Please write out the data below once more, exactly as it stands.
□ □ □ □
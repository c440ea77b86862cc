-- ===== src/Llm/Retry/Attempts.antt =====
-- What the retrying client returns, and how many times it calls its base client.
use kubeflare.Prelude.{
  ℕ, zero, suc, ◌+◌, ◌≡◌, refl, ◌⊎◌, inl, inr, true, false, Option, none, some, arith, ◌==◌, subst,
  Bool-cases, pos,
}
use kubeflare.Prelude.Fallible.{Fallible, ok, err}
use kubeflare.Llm.{LlmError, is_retryable}
use kubeflare.Llm.Retry.{backoff_delay, attempts, generate, after_sleep, after_call}

suc-==-zero : (n : ℕ) → (suc n == 0) ≡ false
suc-==-zero n = ground arith

module _ {S A : Type 0} (zero_value : A) (base : S → Fallible LlmError A × S)
    (sleep : ℕ → S → Option LlmError × S) (backoff : ℕ) where
  -- So many calls, from this attempt on, failed in a way that is worth a new try, and the sleep
  -- behind each was not cut short.
  pub data Failed : ℕ → ℕ → S → S → Type 0 where
    begun : {attempt : ℕ} {s : S} → Failed 0 attempt s s
    again :
        {n attempt : ℕ} {s s' s'' t : S} {e : LlmError}
        → base s ≡ (err e, s')
        → is_retryable e ≡ true
        → sleep (backoff_delay backoff attempt) s' ≡ (none, s'')
        → Failed n (attempt + 1) s'' t
        → Failed (suc n) attempt s t

  -- How the call in this state ends the loop, where `left` more calls would be allowed and this is
  -- the `attempt`-th.
  pub data Ended (left attempt : ℕ) (t : S) : Fallible LlmError A × S → Type 0 where
    success : {a : A} {t' : S} → base t ≡ (ok a, t') → Ended left attempt t (ok a, t')
    final :
        {e : LlmError} {t' : S}
        → base t ≡ (err e, t')
        → (is_retryable e ≡ false) ⊎ (left ≡ 0)
        → Ended left attempt t (err e, t')
    interrupted :
        {e x : LlmError} {t' t'' : S}
        → base t ≡ (err e, t')
        → sleep (backoff_delay backoff attempt) t' ≡ (some x, t'')
        → Ended left attempt t (err x, t'')

  -- The failures, the state behind them, the calls still allowed then, and the end.
  pub record Outcome (left attempt : ℕ) (s : S) (r : Fallible LlmError A × S) : Type 0 where
    pub failures : ℕ
    pub at : S
    pub failed : Failed failures attempt s at
    pub spare : ℕ
    pub number : ℕ
    pub spent : spare + failures ≡ left
    pub counted : number ≡ attempt + failures
    pub ended : Ended spare number at r

  ends_now :
      (left attempt : ℕ) (s : S) (r : Fallible LlmError A × S)
      → Ended left attempt s r
      → Outcome left attempt s r
  ends_now left attempt s r e = record {
    failures = 0;
    at = s;
    failed = begun;
    spare = left;
    number = attempt;
    spent = omega arith;
    counted = omega arith;
    ended = e;
  }

  fails_once :
      (left attempt : ℕ) (s s' s'' : S) (e : LlmError) (r : Fallible LlmError A × S)
      → base s ≡ (err e, s')
      → is_retryable e ≡ true
      → sleep (backoff_delay backoff attempt) s' ≡ (none, s'')
      → Outcome left (attempt + 1) s'' r
      → Outcome (suc left) attempt s r
  fails_once left attempt s s' s'' e r called retry slept o = record {
    failures = suc o.failures;
    at = o.at;
    failed = again called retry slept o.failed;
    spare = o.spare;
    number = o.number;
    spent = omega (arith, o.spent);
    counted = omega (arith, o.counted);
    ended = o.ended;
  }

  -- The loop from this attempt on, with `left` calls allowed behind this one.
  abbrev loop : ℕ → ℕ → S → Fallible LlmError A × S
  loop left attempt s = attempts zero_value base sleep left attempt backoff s

  slept-Outcome :
      (left attempt : ℕ) (s s' : S) (e : LlmError) (r : Option LlmError × S)
      → base s ≡ (err e, s')
      → is_retryable e ≡ true
      → sleep (backoff_delay backoff attempt) s' ≡ r
      → ((t : S) → Outcome left (attempt + 1) t (loop (suc left) (attempt + 1) t))
      → Outcome
          (suc left)
          attempt
          s
          (after_sleep zero_value base sleep (loop (suc left) (attempt + 1)) r)
  slept-Outcome left attempt s s' e (some x, s'') called retry slept ih =
      ends_now (suc left) attempt s _ (interrupted called slept)
  slept-Outcome left attempt s s' e (none, s'') called retry slept ih =
      fails_once left attempt s s' s'' e _ called retry slept (ih s'')

  abbrev then_loop : ℕ → ℕ → Fallible LlmError A × S → Fallible LlmError A × S
  then_loop left attempt r =
      after_call zero_value base sleep left attempt backoff (loop left (attempt + 1)) r

  called-Outcome :
      (left attempt : ℕ) (s : S) (r : Fallible LlmError A × S)
      → base s ≡ r
      → ((k : ℕ)
          → left ≡ suc k
          → (t : S) → Outcome k (attempt + 1) t (loop (suc k) (attempt + 1) t))
      → Outcome left attempt s (then_loop left attempt r)
  called-Outcome left attempt s (ok a, s') called ih = ends_now left attempt s _ (success called)
  called-Outcome zero attempt s (err e, s') called ih = elim (Bool-cases (is_retryable e)) [
    | inl retry ↦ rw retry (ends_now 0 attempt s _ (final called (inr refl)))
    | inr over ↦ rw over (ends_now 0 attempt s _ (final called (inr refl)))
  ]
  called-Outcome (suc left) attempt s (err e, s') called ih = elim (Bool-cases (is_retryable e)) [
    | inl retry ↦
        rw (retry, suc-==-zero left)
          (slept-Outcome left attempt s s' e _ called retry refl (ih left refl))
    | inr over ↦ rw over (ends_now (suc left) attempt s _ (final called (inl over)))
  ]

  from_pred :
      (left attempt : ℕ)
      → ((t : S) → Outcome left attempt t (loop (suc left) attempt t))
      → (k : ℕ) → suc left ≡ suc k
      → (t : S) → Outcome k attempt t (loop (suc k) attempt t)
  from_pred left attempt ih k e t =
      subst (λ j. Outcome j attempt t (loop (suc j) attempt t)) (omega arith) (ih t)

  one_round :
      (left attempt : ℕ) (s : S)
      → ((k : ℕ)
          → left ≡ suc k
          → (t : S) → Outcome k (attempt + 1) t (loop (suc k) (attempt + 1) t))
      → Outcome left attempt s (loop (suc left) attempt s)
  unfolding attempts
  one_round left attempt s ih = called-Outcome left attempt s (base s) refl ih

  attempts-Outcome : (left attempt : ℕ) (s : S) → Outcome left attempt s (loop (suc left) attempt s)
  attempts-Outcome zero attempt s = one_round 0 attempt s (λ k e. absurd (omega arith))
  attempts-Outcome (suc left) attempt s =
      one_round (suc left) attempt s
        (from_pred left (attempt + 1) (attempts-Outcome left (attempt + 1)))

  -- With at most `max` more tries the client makes at least one call and at most `max + 1`. All but
  -- the last failed in a way that is worth a new try; the last succeeded, or failed in a way that is
  -- not, or was the `max + 1`-st, or the sleep behind it was cut short; and the client returns that
  -- response or error.
  pub generate-Outcome :
      (max : ℕ) (s : S) → Outcome max 0 s (generate zero_value base sleep (pos max) backoff s)
  unfolding generate
  generate-Outcome max s = attempts-Outcome max 0 s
□ □ □ □
Answer:
repository c440ea77b86862cc
-- ===== src/Llm/Retry/Attempts.antt =====
-- What the retrying client returns, and how many times it calls its base client.
use kubeflare.Prelude.{
  ℕ, zero, suc, ◌+◌, ◌≡◌, refl, ◌⊎◌, inl, inr, true, false, Option, none, some, arith, ◌==◌, subst,
  Bool-cases, pos,
}
use kubeflare.Prelude.Fallible.{Fallible, ok, err}
use kubeflare.Llm.{LlmError, is_retryable}
use kubeflare.Llm.Retry.{backoff_delay, attempts, generate, after_sleep, after_call}

suc-==-zero : (n : ℕ) → (suc n == 0) ≡ false
suc-==-zero n = ground arith

module _ {S A : Type 0} (zero_value : A) (base : S → Fallible LlmError A × S)
    (sleep : ℕ → S → Option LlmError × S) (backoff : ℕ) where
  -- So many calls, from this attempt on, failed in a way that is worth a new try, and the sleep
  -- behind each was not cut short.
  pub data Failed : ℕ → ℕ → S → S → Type 0 where
    begun : {attempt : ℕ} {s : S} → Failed 0 attempt s s
    again :
        {n attempt : ℕ} {s s' s'' t : S} {e : LlmError}
        → base s ≡ (err e, s')
        → is_retryable e ≡ true
        → sleep (backoff_delay backoff attempt) s' ≡ (none, s'')
        → Failed n (attempt + 1) s'' t
        → Failed (suc n) attempt s t

  -- How the call in this state ends the loop, where `left` more calls would be allowed and this is
  -- the `attempt`-th.
  pub data Ended (left attempt : ℕ) (t : S) : Fallible LlmError A × S → Type 0 where
    success : {a : A} {t' : S} → base t ≡ (ok a, t') → Ended left attempt t (ok a, t')
    final :
        {e : LlmError} {t' : S}
        → base t ≡ (err e, t')
        → (is_retryable e ≡ false) ⊎ (left ≡ 0)
        → Ended left attempt t (err e, t')
    interrupted :
        {e x : LlmError} {t' t'' : S}
        → base t ≡ (err e, t')
        → sleep (backoff_delay backoff attempt) t' ≡ (some x, t'')
        → Ended left attempt t (err x, t'')

  -- The failures, the state behind them, the calls still allowed then, and the end.
  pub record Outcome (left attempt : ℕ) (s : S) (r : Fallible LlmError A × S) : Type 0 where
    pub failures : ℕ
    pub at : S
    pub failed : Failed failures attempt s at
    pub spare : ℕ
    pub number : ℕ
    pub spent : spare + failures ≡ left
    pub counted : number ≡ attempt + failures
    pub ended : Ended spare number at r

  ends_now :
      (left attempt : ℕ) (s : S) (r : Fallible LlmError A × S)
      → Ended left attempt s r
      → Outcome left attempt s r
  ends_now left attempt s r e = record {
    failures = 0;
    at = s;
    failed = begun;
    spare = left;
    number = attempt;
    spent = omega arith;
    counted = omega arith;
    ended = e;
  }

  fails_once :
      (left attempt : ℕ) (s s' s'' : S) (e : LlmError) (r : Fallible LlmError A × S)
      → base s ≡ (err e, s')
      → is_retryable e ≡ true
      → sleep (backoff_delay backoff attempt) s' ≡ (none, s'')
      → Outcome left (attempt + 1) s'' r
      → Outcome (suc left) attempt s r
  fails_once left attempt s s' s'' e r called retry slept o = record {
    failures = suc o.failures;
    at = o.at;
    failed = again called retry slept o.failed;
    spare = o.spare;
    number = o.number;
    spent = omega (arith, o.spent);
    counted = omega (arith, o.counted);
    ended = o.ended;
  }

  -- The loop from this attempt on, with `left` calls allowed behind this one.
  abbrev loop : ℕ → ℕ → S → Fallible LlmError A × S
  loop left attempt s = attempts zero_value base sleep left attempt backoff s

  slept-Outcome :
      (left attempt : ℕ) (s s' : S) (e : LlmError) (r : Option LlmError × S)
      → base s ≡ (err e, s')
      → is_retryable e ≡ true
      → sleep (backoff_delay backoff attempt) s' ≡ r
      → ((t : S) → Outcome left (attempt + 1) t (loop (suc left) (attempt + 1) t))
      → Outcome
          (suc left)
          attempt
          s
          (after_sleep zero_value base sleep (loop (suc left) (attempt + 1)) r)
  slept-Outcome left attempt s s' e (some x, s'') called retry slept ih =
      ends_now (suc left) attempt s _ (interrupted called slept)
  slept-Outcome left attempt s s' e (none, s'') called retry slept ih =
      fails_once left attempt s s' s'' e _ called retry slept (ih s'')

  abbrev then_loop : ℕ → ℕ → Fallible LlmError A × S → Fallible LlmError A × S
  then_loop left attempt r =
      after_call zero_value base sleep left attempt backoff (loop left (attempt + 1)) r

  called-Outcome :
      (left attempt : ℕ) (s : S) (r : Fallible LlmError A × S)
      → base s ≡ r
      → ((k : ℕ)
          → left ≡ suc k
          → (t : S) → Outcome k (attempt + 1) t (loop (suc k) (attempt + 1) t))
      → Outcome left attempt s (then_loop left attempt r)
  called-Outcome left attempt s (ok a, s') called ih = ends_now left attempt s _ (success called)
  called-Outcome zero attempt s (err e, s') called ih = elim (Bool-cases (is_retryable e)) [
    | inl retry ↦ rw retry (ends_now 0 attempt s _ (final called (inr refl)))
    | inr over ↦ rw over (ends_now 0 attempt s _ (final called (inr refl)))
  ]
  called-Outcome (suc left) attempt s (err e, s') called ih = elim (Bool-cases (is_retryable e)) [
    | inl retry ↦
        rw (retry, suc-==-zero left)
          (slept-Outcome left attempt s s' e _ called retry refl (ih left refl))
    | inr over ↦ rw over (ends_now (suc left) attempt s _ (final called (inl over)))
  ]

  from_pred :
      (left attempt : ℕ)
      → ((t : S) → Outcome left attempt t (loop (suc left) attempt t))
      → (k : ℕ) → suc left ≡ suc k
      → (t : S) → Outcome k attempt t (loop (suc k) attempt t)
  from_pred left attempt ih k e t =
      subst (λ j. Outcome j attempt t (loop (suc j) attempt t)) (omega arith) (ih t)

  one_round :
      (left attempt : ℕ) (s : S)
      → ((k : ℕ)
          → left ≡ suc k
          → (t : S) → Outcome k (attempt + 1) t (loop (suc k) (attempt + 1) t))
      → Outcome left attempt s (loop (suc left) attempt s)
  unfolding attempts
  one_round left attempt s ih = called-Outcome left attempt s (base s) refl ih

  attempts-Outcome : (left attempt : ℕ) (s : S) → Outcome left attempt s (loop (suc left) attempt s)
  attempts-Outcome zero attempt s = one_round 0 attempt s (λ k e. absurd (omega arith))
  attempts-Outcome (suc left) attempt s =
      one_round (suc left) attempt s
        (from_pred left (attempt + 1) (attempts-Outcome left (attempt + 1)))

  -- With at most `max` more tries the client makes at least one call and at most `max + 1`. All but
  -- the last failed in a way that is worth a new try; the last succeeded, or failed in a way that is
  -- not, or was the `max + 1`-st, or the sleep behind it was cut short; and the client returns that
  -- response or error.
  pub generate-Outcome :
      (max : ℕ) (s : S) → Outcome max 0 s (generate zero_value base sleep (pos max) backoff s)
  unfolding generate
  generate-Outcome max s = attempts-Outcome max 0 s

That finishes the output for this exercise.